Today, Monday, December 22nd, starts the beginning of the countdown to Christmas Day. There is excitement in the air, especially for children.
As parents and grandparents, we point them over and over to the meaning of Christmas, but there is just something about dreaming of big gifts you’ve wanted all year long that tends to override Jesus’ birth and how important that is to all of us.
And that’s okay. The Lord will speak to them through the years, as they are reminded over and over each year and as their relationship with Jesus develops. Jesus will make His way to the top of their list of Christmas excitement in the years to come.
If you are trying to find ways to keep your kids busy while out of school, I would like to suggest looking at the Children’s Classics to give them something to read during periods of quiet time.
My oldest Grandson gave me his copy of Black Beauty, by Anna Sewell, about three weeks ago. I was supposed to read it in a week, but that didn’t happen. To honor his request, I’ve started reading it this past week, and I am so impressed with the theme’s about good character, evil people and what happen’s to them, and the scriptures that are gently intertwined into the story.
If you haven’t read, Black Beauty, or it’s been a long time—it is worth picking up again. First published in 1877, the story is told from the viewpoint of the horse. This is the only book that Anna Sewell published, but it was a huge success.
My favorite chapter so far is thirteen and titled “The Devil’s Trademark.” It begins on a day when, John, Black Beauty’s caretaker, was traveling back to Squire Gordon’s home riding Black Beauty. They see a boy whipping a pony to make him jump a fence that was too high to jump. The pony refused, and the boy got off and begin to hit him on the head and “thrash” the pony. (p. 56)
The boy got back on the pony after the beating, and the pony bucked gently and threw him off into a hedge with thorns. The boy saw John and cried out to him for help.
“‘Thank ye,’ said John, ‘I think you are quite in the right place, and maybe a little scratching will teach you not to leap a pony over a gate that is too high for him.'” (p. 56)
As John rode away he decided to go by the boy’s father’s farm and let him know what had happened because as John spoke his thoughts out loud he said, “‘It may be,’ said he to himself, ‘that young fellow is a liar as well as a cruel one. We’ll just go home by Farmer Bushby’s, Beauty, and then if anybody wants to know, you and I can tell ’em, ye see.'” (p. 57)
The mother of the bully was upset and worried to find her son was left in a thorn hedge. The father understood the situation and advised her, “‘You had better go into the house, wife,’ said the farmer. ‘Bill wants a lesson about this, and I must see that he gets it. This is not the first time, nor the second, that he has ill-used that pony, and I shall stop it.'” (pp. 57-58)

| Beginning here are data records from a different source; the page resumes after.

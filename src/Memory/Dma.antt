-- ===== src/Memory/Dma.antt =====
-- include/nic/dma_types.h, include/nic/sgl.h, src/dma_types.cpp and src/dma_engine.cpp. The engine
-- owns no memory in the source, it refers to one; here that memory is a field. Trace and log calls
-- are left out.
pub mod Counts
use Prim.Native.String.{String}
use smart_nic.Base.{
  ℕ, zero, suc, ◌+◌, ◌*◌, ◌/◌, ◌%◌, ◌^◌, Bool, true, false, ◌||◌, not, Option, none, some, List, [],
  ◌∷◌, ltb, ◌==◌, if◌then◌else◌, length, slice, splice, add64,
}
use smart_nic.Memory.Host
use smart_nic.Memory.Host.{SimpleHostMemory, HostMemoryError, HostMemoryResult, is_ok}

pub data DmaError : Type 0 where
  no_error translation_fault out_of_bounds fault_injected access_error alignment_error
        internal_error :
      DmaError

pub record DmaResult : Type 0 where
  pub error : DmaError
  pub bytes_processed : ℕ
  pub message : Option String

pub data DmaDirection : Type 0 where
  reads writes : DmaDirection

pub record SglEntry : Type 0 where
  pub address : ℕ
  pub size : ℕ

pub record DmaCounters : Type 0 where
  pub read_ops : ℕ
  pub write_ops : ℕ
  pub burst_read_ops : ℕ
  pub burst_write_ops : ℕ
  pub bytes_read : ℕ
  pub bytes_written : ℕ
  pub errors : ℕ

pub record DmaEngine : Type 0 where
  pub memory : SimpleHostMemory
  pub counters : DmaCounters

abbrev pub failed : DmaError → Option String → DmaResult
failed e msg = record { error = e; bytes_processed = 0; message = msg }

abbrev pub done : ℕ → DmaResult
done n = record { error = no_error; bytes_processed = n; message = none }

unfoldable pub succeeded : DmaResult → Bool
succeeded r = elim r.error [ no_error ↦ true | _ ↦ false ]

pub to_dma_error : HostMemoryError → DmaError
to_dma_error HostMemoryError.ok_none = no_error
to_dma_error HostMemoryError.out_of_bounds = out_of_bounds
to_dma_error HostMemoryError.iommu_fault = translation_fault
to_dma_error HostMemoryError.fault_injected = fault_injected

unfoldable pub reset_counters : DmaEngine → DmaEngine
reset_counters e = record e {
  counters = record {
    read_ops = 0;
    write_ops = 0;
    burst_read_ops = 0;
    burst_write_ops = 0;
    bytes_read = 0;
    bytes_written = 0;
    errors = 0;
  };
}

count_error : DmaEngine → DmaEngine
count_error e = record e { counters = record (e.counters) { errors = add64 (e.counters.errors) 1 } }

-- `DMAEngine::map_result`; the direction only chooses between two empty branches there.
pub map_result : DmaEngine → HostMemoryResult → ℕ → String → DmaResult × DmaEngine
unfolding is_ok to_dma_error count_error
map_result e r requested context = if is_ok r then (done requested, e) else (
  record {
    error = to_dma_error r.error;
    bytes_processed = r.bytes_processed;
    message = some context;
  },
  count_error e,
)

count_read : DmaEngine → ℕ → DmaEngine
count_read e n = record e {
  counters = record (e.counters) {
    read_ops = add64 (e.counters.read_ops) 1;
    bytes_read = add64 (e.counters.bytes_read) n;
  };
}

count_write : DmaEngine → ℕ → DmaEngine
count_write e n = record e {
  counters = record (e.counters) {
    write_ops = add64 (e.counters.write_ops) 1;
    bytes_written = add64 (e.counters.bytes_written) n;
  };
}

-- The caller's buffer goes in, and comes back as the call leaves it.
unfoldable pub read : DmaEngine → ℕ → List ℕ → DmaResult × DmaEngine × List ℕ
unfolding map_result count_read succeeded
read e address out =
    let (host, out') = Host.read e.memory address out in
    let (r, e') = map_result e host (length out) "dma_read" in
    if succeeded r then (r, count_read e' r.bytes_processed, out') else (r, e', out')

unfoldable pub write : DmaEngine → ℕ → List ℕ → DmaResult × DmaEngine
unfolding map_result count_write succeeded
write e address bytes =
    let (host, m) = Host.write e.memory address bytes in
    let (r, e') = map_result (record e { memory = m }) host (length bytes) "dma_write" in
    if succeeded r then (r, count_write e' r.bytes_processed) else (r, e')

-- One round of the loop of `read_burst`: beat `i` of the buffer, from its own address.
read_beat : ℕ → ℕ → ℕ → ℕ → DmaEngine → List ℕ → DmaResult × DmaEngine × List ℕ
unfolding map_result
read_beat address beat stride i e out =
    let (host, piece) =
      Host.read e.memory (add64 address (i * stride % 2 ^ 64)) (slice out (i * beat) beat) in
    let (r, e') = map_result e host beat "dma_read_burst" in (r, e', splice out (i * beat) piece)

write_beat : ℕ → ℕ → ℕ → ℕ → DmaEngine → List ℕ → DmaResult × DmaEngine
unfolding map_result
write_beat address beat stride i e bytes =
    let (host, m) =
      Host.write e.memory (add64 address (i * stride % 2 ^ 64)) (slice bytes (i * beat) beat) in
    map_result (record e { memory = m }) host beat "dma_write_burst"

begin_burst_read : DmaEngine → DmaEngine
begin_burst_read e = record e {
  counters = record (e.counters) { burst_read_ops = add64 (e.counters.burst_read_ops) 1 };
}

count_burst_read : DmaEngine → ℕ → DmaEngine
count_burst_read e n = record e {
  counters = record (e.counters) { bytes_read = add64 (e.counters.bytes_read) n };
}

begin_burst_write : DmaEngine → DmaEngine
begin_burst_write e = record e {
  counters = record (e.counters) { burst_write_ops = add64 (e.counters.burst_write_ops) 1 };
}

count_burst_write : DmaEngine → ℕ → DmaEngine
count_burst_write e n = record e {
  counters = record (e.counters) { bytes_written = add64 (e.counters.bytes_written) n };
}

-- The beats from index `i` on, `left` of them; `total` bytes have been moved.
read_beats : ℕ → ℕ → ℕ → ℕ → ℕ → ℕ → DmaEngine → List ℕ → DmaResult × DmaEngine × List ℕ
unfolding read_beat succeeded count_burst_read
read_beats address beat stride zero i total e out = (done total, count_burst_read e total, out)
read_beats address beat stride (suc left) i total e out =
    let (r, e', out') = read_beat address beat stride i e out in
    let rest =
      read_beats address beat stride left (i + 1) (add64 total r.bytes_processed) e' out' in
    if succeeded r then rest else (r, e', out')

write_beats : ℕ → ℕ → ℕ → ℕ → ℕ → ℕ → DmaEngine → List ℕ → DmaResult × DmaEngine
unfolding write_beat succeeded count_burst_write
write_beats address beat stride zero i total e bytes = (done total, count_burst_write e total)
write_beats address beat stride (suc left) i total e bytes =
    let (r, e') = write_beat address beat stride i e bytes in
    let rest =
      write_beats address beat stride left (i + 1) (add64 total r.bytes_processed) e' bytes in
    if succeeded r then rest else (r, e')

unfoldable pub read_burst : DmaEngine → ℕ → List ℕ → ℕ → ℕ → DmaResult × DmaEngine × List ℕ
unfolding read_beats count_error begin_burst_read
read_burst e address out beat stride =
    if beat == 0 || stride == 0
    then (failed alignment_error (some "invalid_stride"), count_error e, out)
    else if not (length out % beat == 0)
    then (failed alignment_error (some "partial_beat"), count_error e, out)
    else read_beats address beat stride (length out / beat) 0 0 (begin_burst_read e) out

unfoldable pub write_burst : DmaEngine → ℕ → List ℕ → ℕ → ℕ → DmaResult × DmaEngine
unfolding write_beats count_error begin_burst_write
write_burst e address bytes beat stride =
    if beat == 0 || stride == 0
    then (failed alignment_error (some "invalid_stride"), count_error e)
    else if not (length bytes % beat == 0)
    then (failed alignment_error (some "partial_beat"), count_error e)
    else write_beats address beat stride (length bytes / beat) 0 0 (begin_burst_write e) bytes

-- `SglView::total_length`, a sum of `size_t`.
unfoldable pub total_length : ℕ → List SglEntry → ℕ
total_length total [] = total
total_length total (s ∷ ss) = total_length (add64 total s.size) ss

-- The transfer of one entry.
move_entry : DmaEngine → DmaDirection → SglEntry → ℕ → List ℕ → DmaResult × DmaEngine × List ℕ
unfolding map_result
move_entry e reads s processed buf =
    let (host, piece) = Host.read e.memory s.address (slice buf processed s.size) in
    let (r, e') = map_result e host s.size "dma_sgl_read" in (r, e', splice buf processed piece)
move_entry e writes s processed buf =
    let (host, m) = Host.write e.memory s.address (slice buf processed s.size) in
    let (r, e') = map_result (record e { memory = m }) host s.size "dma_sgl_write" in (r, e', buf)

finish_sgl : DmaEngine → DmaDirection → ℕ → DmaEngine
unfolding count_read count_write
finish_sgl e reads n = count_read e n
finish_sgl e writes n = count_write e n

move_entries :
    DmaEngine → DmaDirection → List SglEntry → ℕ → List ℕ → DmaResult × DmaEngine × List ℕ
unfolding move_entry finish_sgl succeeded
move_entries e dir [] processed buf = (done processed, finish_sgl e dir processed, buf)
move_entries e dir (s ∷ ss) processed buf =
    let (r, e', buf') = move_entry e dir s processed buf in
    let skip = move_entries e dir ss processed buf in
    let next = move_entries e' dir ss (add64 processed r.bytes_processed) buf' in
    if s.size == 0 then skip else if succeeded r then next else (r, e', buf')

unfoldable pub transfer_sgl :
    DmaEngine → List SglEntry → DmaDirection → List ℕ → DmaResult × DmaEngine × List ℕ
unfolding move_entries count_error total_length
transfer_sgl e [] dir buf = (failed access_error (some "empty_sgl"), count_error e, buf)
transfer_sgl e (s ∷ ss) dir buf =
    if ltb (length buf) (total_length 0 (s ∷ ss))
    then (failed access_error (some "buffer_too_small"), count_error e, buf)
    else move_entries e dir (s ∷ ss) 0 buf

What an example of great parenting!
When John got home he told James (a boy in his late teens who also worked with the horses) what happened. James had his own story to tell of the boy’s cruelty. At school that same boy had been bullying the smaller boys, and one day James had found him catching flies and pulling off their wings. James, “boxed him on the ears” and the boy “roared and bellowed” so loudly the school master rushed in to see if someone was being murdered. The school master found the flies on the window ledge, “some crushed and some crawling about helpless.” The boy carried on so much that the school master only made him sit on a stool for time out.(p. 58)
But the school master did impart wisdom to the rest of the boys. He “talked to all the boys very seriously about cruelty, and said how hard-hearted and cowardly it was to hurt the weak and the helpless.” But what stuck in James’ mind was when “he said that cruelty was the devil’s own trademark, and if we saw anyone who took pleasure in cruelty, we might know who he belonged to, for the devil was a murderer from the beginning, and a tormentor to the end. On the other hand, where we saw people who loved their neighbors, and were kind to man and beast, we might know that was God’s mark, for ‘God is Love.'”(pp. 58-59)
Children love to read stories of when other’s mess up and when others are good. It helps to set them on a path of knowing what not to do. I love that this part ends with the school master telling them “God is Love.” And even through those words— the Christmas story is conveyed.
I pray you have a very Merry Christmas and have some time to read a few Classics over the holidays!